▸ Supplied records:
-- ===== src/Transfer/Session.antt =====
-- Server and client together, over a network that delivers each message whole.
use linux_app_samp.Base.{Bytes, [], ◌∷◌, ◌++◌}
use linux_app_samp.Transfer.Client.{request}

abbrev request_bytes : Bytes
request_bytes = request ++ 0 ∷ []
--
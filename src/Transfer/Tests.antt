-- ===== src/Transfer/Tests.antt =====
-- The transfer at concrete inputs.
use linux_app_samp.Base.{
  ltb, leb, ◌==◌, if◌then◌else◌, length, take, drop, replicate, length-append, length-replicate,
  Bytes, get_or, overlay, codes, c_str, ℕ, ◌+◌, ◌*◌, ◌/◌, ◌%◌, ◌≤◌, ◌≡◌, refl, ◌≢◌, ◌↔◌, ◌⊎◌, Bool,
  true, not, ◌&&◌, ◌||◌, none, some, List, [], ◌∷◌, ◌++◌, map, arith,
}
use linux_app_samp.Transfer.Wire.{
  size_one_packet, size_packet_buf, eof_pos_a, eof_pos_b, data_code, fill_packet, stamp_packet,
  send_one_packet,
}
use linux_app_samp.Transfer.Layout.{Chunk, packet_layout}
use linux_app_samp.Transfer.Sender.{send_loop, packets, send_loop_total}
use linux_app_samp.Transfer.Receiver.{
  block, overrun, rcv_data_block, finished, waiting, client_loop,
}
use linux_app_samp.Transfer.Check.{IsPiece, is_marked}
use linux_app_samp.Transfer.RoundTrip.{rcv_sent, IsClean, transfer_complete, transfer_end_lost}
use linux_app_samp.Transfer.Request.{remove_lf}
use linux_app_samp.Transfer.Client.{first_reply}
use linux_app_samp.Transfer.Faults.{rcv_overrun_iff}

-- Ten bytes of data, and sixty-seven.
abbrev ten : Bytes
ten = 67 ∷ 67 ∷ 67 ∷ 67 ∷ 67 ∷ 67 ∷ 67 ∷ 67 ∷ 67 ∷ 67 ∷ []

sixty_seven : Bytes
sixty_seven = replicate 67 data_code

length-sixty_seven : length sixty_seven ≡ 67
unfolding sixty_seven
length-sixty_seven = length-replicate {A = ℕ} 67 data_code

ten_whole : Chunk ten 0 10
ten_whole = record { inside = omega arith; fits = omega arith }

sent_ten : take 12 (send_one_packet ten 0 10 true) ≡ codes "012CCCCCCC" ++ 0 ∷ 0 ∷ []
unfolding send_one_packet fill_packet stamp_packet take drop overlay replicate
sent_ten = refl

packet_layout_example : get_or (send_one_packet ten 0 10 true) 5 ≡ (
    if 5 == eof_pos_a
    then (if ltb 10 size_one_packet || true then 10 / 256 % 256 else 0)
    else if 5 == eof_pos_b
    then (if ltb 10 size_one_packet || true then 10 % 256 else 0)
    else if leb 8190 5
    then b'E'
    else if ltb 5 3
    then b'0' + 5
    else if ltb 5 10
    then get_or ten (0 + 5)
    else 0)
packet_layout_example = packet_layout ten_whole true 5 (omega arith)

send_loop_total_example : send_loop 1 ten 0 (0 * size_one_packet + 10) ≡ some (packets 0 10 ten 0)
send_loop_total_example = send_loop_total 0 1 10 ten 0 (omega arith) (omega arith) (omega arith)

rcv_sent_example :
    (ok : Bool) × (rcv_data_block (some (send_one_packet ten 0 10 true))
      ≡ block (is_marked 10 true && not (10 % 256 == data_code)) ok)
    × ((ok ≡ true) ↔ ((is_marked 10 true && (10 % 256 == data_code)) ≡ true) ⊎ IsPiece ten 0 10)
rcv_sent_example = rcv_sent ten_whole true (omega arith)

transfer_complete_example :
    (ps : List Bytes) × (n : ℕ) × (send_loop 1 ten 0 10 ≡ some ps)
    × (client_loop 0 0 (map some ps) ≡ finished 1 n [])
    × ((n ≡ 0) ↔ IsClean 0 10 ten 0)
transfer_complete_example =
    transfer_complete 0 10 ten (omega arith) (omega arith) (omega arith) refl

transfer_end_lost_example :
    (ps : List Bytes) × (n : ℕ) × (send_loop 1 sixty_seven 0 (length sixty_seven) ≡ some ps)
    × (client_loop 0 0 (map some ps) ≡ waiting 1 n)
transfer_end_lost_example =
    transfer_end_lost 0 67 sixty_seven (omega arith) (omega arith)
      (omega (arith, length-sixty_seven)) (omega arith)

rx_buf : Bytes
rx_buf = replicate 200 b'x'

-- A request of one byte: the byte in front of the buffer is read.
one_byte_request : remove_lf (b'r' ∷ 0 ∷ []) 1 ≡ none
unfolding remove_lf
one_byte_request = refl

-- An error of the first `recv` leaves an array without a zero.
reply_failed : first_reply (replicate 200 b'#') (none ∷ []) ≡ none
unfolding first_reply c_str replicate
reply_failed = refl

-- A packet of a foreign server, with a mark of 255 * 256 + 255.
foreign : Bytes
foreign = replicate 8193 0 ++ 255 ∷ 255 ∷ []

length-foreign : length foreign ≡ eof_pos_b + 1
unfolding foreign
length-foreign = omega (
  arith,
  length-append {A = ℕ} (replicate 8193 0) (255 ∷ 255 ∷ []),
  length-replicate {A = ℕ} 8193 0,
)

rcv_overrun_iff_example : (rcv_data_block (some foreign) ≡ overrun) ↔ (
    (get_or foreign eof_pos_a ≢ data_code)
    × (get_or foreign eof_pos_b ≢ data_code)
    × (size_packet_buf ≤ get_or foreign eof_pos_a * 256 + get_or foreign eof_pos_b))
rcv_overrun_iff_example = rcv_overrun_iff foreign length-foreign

▸ About this task: In the data above, find each line that uses the string "take". Copy it.

▸ Exercise output:
  ltb, leb, ◌==◌, if◌then◌else◌, length, take, drop, replicate, length-append, length-replicate,
sent_ten : take 12 (send_one_packet ten 0 10 true) ≡ codes "012CCCCCCC" ++ 0 ∷ 0 ∷ []
unfolding send_one_packet fill_packet stamp_packet take drop overlay replicate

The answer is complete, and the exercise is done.